Lyddie: Chapter 9 excerpt, “The Weaving Room”, p. 62-63

Creation! What a noise! Clatter and clack, great shuddering moans, groans, creaks, and rattles. The shrieks and whistles of huge leather belts on wheels. And when her brain cleared enough, Lyddie saw through the murky air row upon row of machines, eerily like the old hand loom in Quaker Steven’s house, but as unlike as a nightmare, for these creatures had come to life. They seemed moved by eyes alone— the eyes of neat, vigilant young women—needing only the occasional, swift intervention of a human hand to keep them clattering. From the overarching metal frame crowning each machine, wooden harnesses, carrying hundreds of warp threads drawn from a massive beam at the back of each loom, clanked up and down.
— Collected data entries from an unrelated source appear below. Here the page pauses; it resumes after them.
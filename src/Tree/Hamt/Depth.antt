-- ===== src/Tree/Hamt/Depth.antt =====
-- Where the entries of a trie are, and that `insertHelper` returns.
use dsalib.Core.{
  ◌==◌, leb, leb, ℕ, zero, suc, ◌≡◌, ◌+◌, ◌<◌, ◌≤◌, refl, sym, subst, ◌∙◌, arith, false, Bool-cases,
  inl, inr, Option, none, some, Eq,
}
use dsalib.Tree.Hamt.{
  Node, leaf, internal, Children, no_children, child, find, put, erase, index, insert_entry,
  insert_helper,
}
use dsalib.Tree.Hamt.Entries.{
  AllKeys, AllKeysIn, AllKeysIn-both, Each, Each-find, Each-put, Each-erase, AllKeysIn-find,
  insert_helper-AllKeysIn,
}

module _ {ℓ κ} {K : Type ℓ} {V : Type κ} (hash : K → ℕ) (depth : ℕ) where
  -- The keys below an entry of this level have its index on the level, and no node is below the depth.
  abbrev mutual
    pub PlacedNode : (level : ℕ) → Node K V → Type 0
    PlacedNode level (leaf k v) = Unit
    PlacedNode level (internal cs) = (level ≤ depth) × Placed level cs

    pub Placed : (level : ℕ) → Children K V → Type 0
    Placed level no_children = Unit
    Placed level (child d n cs) =
        (AllKeys (λ k. index (hash k) level ≡ d) n × PlacedNode (suc level) n) × Placed level cs

  -- What is true of one entry.
  abbrev pub PlacedEntry : (level : ℕ) → ℕ → Node K V → Type 0
  PlacedEntry level d n = AllKeys (λ k. index (hash k) level ≡ d) n × PlacedNode (suc level) n

  pub Placed-Each : (level : ℕ) (cs : Children K V) → Placed level cs → Each (PlacedEntry level) cs
  Placed-Each level no_children h = tt
  Placed-Each level (child d n cs) (p, ps) = (p, Placed-Each level cs ps)

  pub Each-Placed : (level : ℕ) (cs : Children K V) → Each (PlacedEntry level) cs → Placed level cs
  Each-Placed level no_children h = tt
  Each-Placed level (child d n cs) (p, ps) = (p, Each-Placed level cs ps)

  pub Placed-find :
      (level i : ℕ) (cs : Children K V) (n : Node K V)
      → Placed level cs
      → find i cs ≡ some n
      → PlacedEntry level i n
  Placed-find level i cs n h f = Each-find (PlacedEntry level) i cs n (Placed-Each level cs h) f

  pub Placed-put :
      (level i : ℕ) (n : Node K V) (cs : Children K V)
      → PlacedEntry level i n
      → Placed level cs
      → Placed level (put i n cs)
  Placed-put level i n cs p h =
      Each-Placed level (put i n cs)
        (Each-put (PlacedEntry level) i n cs p (Placed-Each level cs h))

  pub Placed-erase : (level i : ℕ) (cs : Children K V) → Placed level cs → Placed level (erase i cs)
  Placed-erase level i cs h =
      Each-Placed level (erase i cs) (Each-erase (PlacedEntry level) i cs (Placed-Each level cs h))

module _ {ℓ} {K : Type ℓ} (hash : K → ℕ) where
  -- Two keys whose paths are the same on the levels above this one.
  abbrev pub Agree : (level : ℕ) → K → K → Type 0
  Agree level k key = (l : ℕ) → l < level → index (hash k) l ≡ index (hash key) l

  -- The levels above the depth tell the keys with this property apart.
  abbrev pub Separates : (K → Type 0) → (depth : ℕ) → Type ℓ
  Separates P depth = (k key : K) → P k → P key → Agree depth k key → k ≡ key

  Agree-suc :
      (level i : ℕ) (key k : K)
      → index (hash key) level ≡ i
      → Agree level k key
      → index (hash k) level ≡ i
      → Agree (suc level) k key
  Agree-suc level i key k h agree here l below = elim (Bool-cases (l == level)) [
    | inl same ↦
        let e : l ≡ level = ground (arith, same) in
        subst (λ (x : ℕ). index (hash k) x ≡ index (hash key) x) (sym e) (here ∙ sym h)
    | inr apart ↦ agree l (ground (arith, apart, below))
  ]

  Agree-le : (level depth : ℕ) (k key : K) → depth ≤ level → Agree level k key → Agree depth k key
  Agree-le level depth k key h agree l below = agree l (omega arith)

module _ {ℓ} {K : Type ℓ} ⦃e : Eq K⦄ (hash : K → ℕ) (P : K → Type 0) (depth : ℕ)
    (apart : Separates hash P depth) where
  -- A leaf with another key that has the same path as far as this level lies above the depth.
  leaf-above :
      (level : ℕ) (k key : K)
      → P key
      → e.beq k key ≡ false
      → P k × Agree hash level k key
      → index (hash k) level ≡ index (hash key) level
      → (suc level ≤ depth) × Agree hash (suc level) k key
  leaf-above level k key pkey differ (pk, agree) here =
      let below = Agree-suc hash level (index (hash key) level) key k refl agree here in
      elim (Bool-cases (leb (suc level) depth)) [
        | inl h ↦ (ground (arith, h), below)
        | inr deep ↦
            let same : k ≡ key =
              apart k key pk pkey
                (Agree-le hash (suc level) depth k key (ground (arith, deep)) below) in
            absurd (ground (arith, differ, (e.beq_iff k key).1 same))
      ]

module _ {ℓ κ} {K : Type ℓ} (V : Type κ) ⦃e : Eq K⦄ (hash : K → ℕ) (P : K → Type 0) (depth : ℕ)
    (apart : Separates hash P depth) where
  -- A call on this level returns, with the entries where they belong.
  abbrev pub Returns : (level : ℕ) → Option (Children K V) → Type (ℓ ⊔ κ)
  Returns level r = (cs' : Children K V) × (r ≡ some cs') × Placed hash depth level cs'

  -- A key of the property whose path is the same on the levels above this one.
  abbrev pub Near : (level : ℕ) → K → K → Type 0
  Near level key k = P k × Agree hash level k key

  -- `insertHelper` with this fuel returns wherever the fuel reaches the depth.
  abbrev Reaches : (fuel : ℕ) → Type (ℓ ⊔ κ)
  Reaches fuel =
      (cs : Children K V) (level : ℕ) (key : K) (value : V)
      → level ≤ depth
      → depth < level + fuel
      → Placed hash depth level cs
      → P key
      → AllKeysIn (Near level key) cs
      → Returns level (insert_helper hash fuel cs level key value)

  insert_entry-Returns :
      (fuel : ℕ)
      → Reaches fuel
      → (entry : Option (Node K V)) (cs : Children K V) (level : ℕ) (key : K) (value : V)
      → level ≤ depth
      → depth < level + suc fuel
      → Placed hash depth level cs
      → P key
      → AllKeysIn (Near level key) cs
      → find (index (hash key) level) cs ≡ entry
      → Returns level (insert_entry hash (insert_helper hash fuel) entry cs level key value)
  unfolding insert_entry
  insert_entry-Returns fuel ih none cs level key value l0 l1 p pkey a f = (
    put (index (hash key) level) (leaf key value) cs,
    refl,
    Placed-put hash depth level (index (hash key) level) (leaf key value) cs (refl, tt) p,
  )
  insert_entry-Returns fuel ih (some (leaf k v)) cs level key value l0 l1 p pkey a f =
      let i = index (hash key) level in
      let here = (Placed-find hash depth level i cs (leaf k v) p f).0 in
      elim (Bool-cases (e.beq k key)) [
        | inl equal ↦ (
          put i (leaf k value) cs,
          rw (insert_entry, equal) refl,
          Placed-put hash depth level i (leaf k value) cs (here, tt) p,
        )
        | inr differ ↦
            let agree = AllKeysIn-find (Near level key) i cs (leaf k v) a f in
            let (deep, same) = leaf-above hash P depth apart level k key pkey differ agree here in
            let (one, found, p1) =
              ih no_children (suc level) k v deep (omega arith) tt agree.0 tt in
            let a1 =
              insert_helper-AllKeysIn hash (Near (suc level) key) fuel no_children (suc level) k v
                one (agree.0, same) tt found in
            let (both, found2, p2) = ih one (suc level) key value deep (omega arith) p1 pkey a1 in
            let h1 =
              insert_helper-AllKeysIn hash (λ x. index (hash x) level ≡ i) fuel no_children
                (suc level) k v one here tt found in
            let h2 =
              insert_helper-AllKeysIn hash (λ x. index (hash x) level ≡ i) fuel one (suc level) key
                value both refl h1 found2 in
            (
              put i (internal both) cs,
              ground (arith, differ, found, found2),
              Placed-put hash depth level i (internal both) cs (h2, (deep, p2)) p,
            )
      ]
  insert_entry-Returns fuel ih (some (internal below)) cs level key value l0 l1 p pkey a f =
      let i = index (hash key) level in
      let (here, (deep, p0)) = Placed-find hash depth level i cs (internal below) p f in
      let agree = AllKeysIn-find (Near level key) i cs (internal below) a f in
      let a1 =
        AllKeysIn-both (Near level key) (λ x. index (hash x) level ≡ i) (Near (suc level) key)
          (λ x near h. (near.0, Agree-suc hash level i key x refl near.1 h)) below agree here in
      let (changed, found, p1) = ih below (suc level) key value deep (omega arith) p0 pkey a1 in
      let h1 =
        insert_helper-AllKeysIn hash (λ x. index (hash x) level ≡ i) fuel below (suc level) key
          value changed refl here found in
      (
        put i (internal changed) cs,
        rw (insert_entry, found) refl,
        Placed-put hash depth level i (internal changed) cs (h1, (deep, p1)) p,
      )

  pub insert_helper-Returns : (fuel : ℕ) → Reaches fuel
  unfolding insert_helper
  insert_helper-Returns zero cs level key value l0 l1 p pkey a = absurd (omega arith)
  insert_helper-Returns (suc fuel) cs level key value l0 l1 p pkey a =
      insert_entry-Returns fuel (insert_helper-Returns fuel) (find (index (hash key) level) cs) cs
        level key value l0 l1 p pkey a refl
Shuttles holding the weft thread hurtled themselves like beasts of prey through the tall forests of warp threads, and beaters slammed the threads tightly into place. With alarming speed, inches of finished cloth rolled up on the beams at the front of the looms. The girls didn’t seem afraid or even amazed. As he walked by with the overseer, girls glanced up. A few smiled, some stared. No one seemed to mind the deafening din. How could they stand it? She had thought a single stagecoach struggling to hold back the horses on a downhill run was unbearable noisy. A single stagecoach! A factory was a hundred stagecoaches all inside one’s skull, banging their wheels against the bone. Her impulse was to turn and run for the door, down the rickety stairs, through the yard and counting room, across the narrow bridge, past the row of boardinghouses, down the street—out of the hellish city and back, back, back, to the green hills and quiet pastures.